To study the relationship of serum PCSK9 and disease activity and major adverse cardiovascular events (MACEs) in systemic lupus erythematosus (SLE). Consecutive patients who fulfilled ≥ 4 ACR criteria for SLE and consented for a biomarker study in 2009-2013 were included. Stored serum samples were assayed for PCSK9. PCSK9 levels were correlated with SLE disease activity scores. Patients were divided into two groups according to the median PCSK9 level and new MACEs over time were evaluated. The effect of PCSK9 level on MACEs and mortality was studied by Cox regression, adjusted for confounders. A total of539 SLE patients were studied (93% women, age 41.9 ± 14.0 years).
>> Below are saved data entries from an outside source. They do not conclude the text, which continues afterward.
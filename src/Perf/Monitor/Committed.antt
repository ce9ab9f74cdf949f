-- ===== src/Perf/Monitor/Committed.antt =====
-- The two ends of a registration in pkg/sys/perf/monitor.go: once it is committed its descriptors are
-- recorded too, and once it is abandoned those of the other events still are.
use capsule.Prelude.{
  ℕ, List, [], ◌∷◌, true, false, Option, none, some, ◌≡◌, inl, inr, refl, sym, ap, ◌∙◌, Bool-cases,
  Option-cases, if◌then◌else◌,
}
use capsule.Prelude.Maps.{number_key, GoMap, Unique, lookup, put_all}
use capsule.Prelude.Maps.Laws.{names, or_else, lookup-put_all, lookup-delete_all, put_all-Unique}
use capsule.Prelude.Maps.Entries.{none_not_some, of_if, of_insert, of_put_all, not_put, keys}
use capsule.Api.Value.{Bytes}
use capsule.Perf.Attr.{EventAttr}
use capsule.Perf.SafeMap.{SafeMap, find}
use capsule.Perf.DecoderMap.{DecoderMap}
use capsule.Perf.Monitor.{
  EventMonitor, EventType, RegisteredEvent, stream_ids, all_to, places, commit, abandon,
}
use capsule.Perf.Monitor.Invariant.{or_first, or_second, updated_lem}
use capsule.Perf.Monitor.Register.{
  Distinct, Absent, names-stream_ids, stream_ids-Unique, of_all_to, names-places,
}
use capsule.Perf.Monitor.Streams.{nothing}
use capsule.Perf.Monitor.Consistent.{IsConsistent, with_open}
use capsule.Perf.Monitor.Recorded.{
  both_ways, not_new, put_there, put_under, read_all, read_from, placed,
}
use capsule.Perf.Monitor.Opening.{AllOpen, Stays}
use capsule.Perf.Monitor.Complete.{IsComplete, NewStreams, new_stream}

key_of : (ids : GoMap ℕ ℕ) (fd id : ℕ) → lookup fd ids ≡ some id → names (keys ids) fd ≡ true
unfolding lookup names
key_of [] fd id h = cc
key_of ((g, j) ∷ ids) fd id h = elim (of_if (number_key.same g fd) (some j) (lookup fd ids) id h) [
  | inl (s, e) ↦ or_first _ _ s
  | inr (s, e) ↦ or_second _ _ (key_of ids fd id e)
]

-- Only what is named among the first is named among the second.
unnamed :
    (xs ys : List ℕ) (fd : ℕ)
    → (names xs fd ≡ true → names ys fd ≡ true)
    → names ys fd ≡ false
    → names xs fd ≡ false
unnamed xs ys fd within n = elim (Bool-cases (names xs fd)) [
  | inl b ↦ both_ways (names ys fd) (within b) n
  | inr b ↦ b
]

or_there : {V : Type 0} (o p : Option V) (v : V) → o ≡ some v → or_else o p ≡ some v
or_there o p v h = rw h refl

or_second_one : {V : Type 0} (o p : Option V) (v : V) → o ≡ none → p ≡ some v → or_else o p ≡ some v
or_second_one o p v h k = rw h k

-- Under the identifier of an event's stream nothing is put for streams that are new.
not_under :
    {V : Type 0} (x : V) (stream_id : ℕ → Option ℕ) (newfds : List ℕ) (streams : SafeMap ℕ)
    (id i : ℕ)
    → Distinct newfds
    → NewStreams stream_id newfds streams
    → find streams id ≡ some i
    → lookup id (put_all (all_to x (stream_ids stream_id newfds).0) []) ≡ none
not_under x stream_id newfds streams id i d a h =
    let ids : GoMap ℕ ℕ = (stream_ids stream_id newfds).0 in
    elim (Option-cases (lookup id (put_all (all_to x ids) []))) [
      | inl e ↦ e
      | inr (y, e) ↦ elim (of_put_all (all_to x ids) id [] y e) [
        | inl n ↦
            let (fd, s) = of_all_to x ids id (stream_ids-Unique stream_id newfds d) n in
            let n' = names-stream_ids stream_id newfds fd (key_of ids fd id s) in
            let s' = read_from stream_id newfds fd id s in
            none_not_some i (sym (new_stream stream_id newfds streams fd id a n' s') ∙ h)
        | inr (n, k) ↦ nothing id y k
      ]
    ]

module _ {F : Type 0} (name : Bytes) (newfds : List ℕ) (stream_id : ℕ → Option ℕ)
    (m : EventMonitor F) (now : GoMap ℕ (Unit {0})) (decoders : Option (DecoderMap F))
    (stays : Stays newfds m.open_fds now) (absent : Absent newfds m.eventids)
    (complete : IsComplete m) where
  pub abandon-IsComplete :
      IsComplete (abandon name newfds (stream_ids stream_id newfds).0 (with_open now decoders m))
  unfolding abandon Stays
  abandon-IsComplete = record {
    recorded = λ i e fd h n.
        let ids : GoMap ℕ ℕ = (stream_ids stream_id newfds).0 in
        let r = complete.recorded i e fd h n in
        let a = not_new newfds m.eventids fd r.id absent r.stream in
        let b = unnamed (keys ids) newfds fd (names-stream_ids stream_id newfds fd) a in
        record {
          id = r.id;
          place = r.place;
          attr = r.attr;
          stream =
              lookup-delete_all fd newfds (put_all ids m.eventids)
              ∙ ap (λ b. if b then none else lookup fd (put_all ids m.eventids)) a
              ∙ not_put ids fd m.eventids b
              ∙ r.stream;
          event = r.event;
          attributes = r.attributes;
          at_place = r.at_place;
          is_open =
              lookup-delete_all fd newfds now
              ∙ ap (λ b. if b then none else lookup fd now) a
              ∙ stays fd a r.is_open;
        };
  }

  module _ (event_type : EventType) (attr : EventAttr) (opened : AllOpen newfds now)
      (distinct : Distinct newfds) (new : NewStreams stream_id newfds m.event_id_map)
      (all : (stream_ids stream_id newfds).1 ≡ true) (consistent : IsConsistent m) where
    pub commit-IsComplete : IsComplete (
        commit name event_type attr newfds
          (stream_ids stream_id newfds).0
          (with_open now decoders m))
    unfolding commit Stays AllOpen Unique
    commit-IsComplete =
        let ids : GoMap ℕ ℕ = (stream_ids stream_id newfds).0 in
        let u = stream_ids-Unique stream_id newfds distinct in
        let f =
          (updated_lem m.is_running _ m.event_attr_map (put_all-Unique (all_to attr ids) [] tt)
            consistent.tracked.attrs_valid).1 in
        let g =
          (updated_lem m.is_running _ m.event_id_map
            (put_all-Unique (all_to m.next_event_id ids) [] tt)
            consistent.tracked.streams_valid).1 in
        record {
          recorded = λ i e fd h n. elim (of_insert m.next_event_id i _ m.events e h) [
            | inl (z, k) ↦
                let n' : names newfds fd ≡ true =
                  ap (λ (e : RegisteredEvent). names e.fds fd) k ∙ n in
                let (id, s) = read_all stream_id newfds fd all n' in
                let (p, q) = put_there (places 0 newfds) fd m.eventfds (placed 0 newfds fd n') in
                record {
                  id = id;
                  place = p;
                  attr = attr;
                  stream = lookup-put_all fd ids m.eventids u ∙ or_there _ _ id s;
                  event =
                      g id
                      ∙ or_there _ (find m.event_id_map id) m.next_event_id
                          (put_under m.next_event_id ids fd id s)
                      ∙ ap some z;
                  attributes =
                      f id
                      ∙ or_there _ (find m.event_attr_map id) attr (put_under attr ids fd id s);
                  at_place = q;
                  is_open = opened fd n';
                }
            | inr (z, k) ↦
                let r = complete.recorded i e fd k n in
                let a = not_new newfds m.eventids fd r.id absent r.stream in
                let b = unnamed (keys ids) newfds fd (names-stream_ids stream_id newfds fd) a in
                let c = unnamed (keys (places 0 newfds)) newfds fd (names-places 0 newfds fd) a in
                record {
                  id = r.id;
                  place = r.place;
                  attr = r.attr;
                  stream = not_put ids fd m.eventids b ∙ r.stream;
                  event =
                      g r.id
                      ∙ or_second_one _ (find m.event_id_map r.id) i
                          (not_under m.next_event_id stream_id newfds m.event_id_map r.id i distinct
                            new r.event)
                          r.event;
                  attributes =
                      f r.id
                      ∙ or_second_one _ (find m.event_attr_map r.id) r.attr
                          (not_under attr stream_id newfds m.event_id_map r.id i distinct new
                            r.event)
                          r.attributes;
                  at_place = not_put (places 0 newfds) fd m.eventfds c ∙ r.at_place;
                  is_open = stays fd a r.is_open;
                }
          ];
        }
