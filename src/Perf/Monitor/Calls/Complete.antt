-- ===== src/Perf/Monitor/Calls/Complete.antt =====
-- Over sequences of registrations and removals of events, the event monitor of pkg/sys/perf/monitor.go
-- holds all that belongs to its events.
use capsule.Prelude.{List, [], ◌∷◌}
use capsule.Prelude.Outcome.{Outcome}
use capsule.Prelude.Maps.{number_key}
use capsule.Perf.DecoderMap.{DecoderMap, Formats}
use capsule.Perf.Monitor.{EventMonitor}
use capsule.Perf.Monitor.Register.{answered}
use capsule.Perf.Monitor.Complete.{NewStreams}
use capsule.Perf.Monitor.Calls.{Call, call}

module _ {F : Type 0} where
  -- The kernel gives the streams of new descriptors identifiers that no event's stream has.
  unfoldable pub FreshStreams : Call F → EventMonitor F → Type 0
  FreshStreams (Call.register kernel name fn opts event_type) m =
      NewStreams kernel.stream_id (answered kernel.answers) m.event_id_map
  FreshStreams (Call.unregister id) m = Unit
  FreshStreams (Call.run_or_stop running) m = Unit

module _ {F E : Type 0} where
  unfoldable pub AllFreshStreams : Formats E → List (Call F) → EventMonitor F → Type 0
  unfolding FreshStreams call
  AllFreshStreams format [] m = Unit
  AllFreshStreams format (c ∷ calls) m =
      FreshStreams c m × AllFreshStreams format calls (call format c m)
The median PCSK9 level at baseline was 220 ng/ml. Patients with higher PCSK9 (≥ 220 ng/ml; n = 269) had significantly higher SLE disease activity index (SLEDAI) than those with lower PCSK9 (< 220 ng/ml; n = 270). PCSK9 levels were significantly higher in patients with active renal than active non-renal SLE, which in turn were significantly higher than those with inactive SLE or healthy controls. PCSK9 level correlated with SLEDAI in the overall population (ρ = 0.30; p < 0.001). Over 91.3 ± 18.6 months, 29 patients developed 31 MACEs and 40 patients succumbed (25% for vascular events). The cumulative incidence of MACEs at 5 years was 4.8% in the higher PCSK9 and 1.1% in the lower PCSK9 group (HR2.51[1.11-5.70]; p = 0.03). Cox regression revealed higher PCSK9 was significantly associated with MACEs (HR1.003[1.000-1.005] per ng/ml; p = 0.02) independent of age, sex, renal function, baseline disease activity score, traditional atherosclerotic risk factors, antiphospholipid antibody and the use of aspirin/warfarin, statins and immunosuppressive drugs. PCSK9 level was also independently associated with all-cause (HR1.002[1.000-1.004] per ng/ml; p = 0.03) and vascular mortality (HR1.004[1.000-1.007]; p = 0.04). We concluded that serum PCSK9 level correlates with SLEdisease activity. Higher serum PCSK9 levels are associated with increased risk of cardiovascular events and mortality in SLE.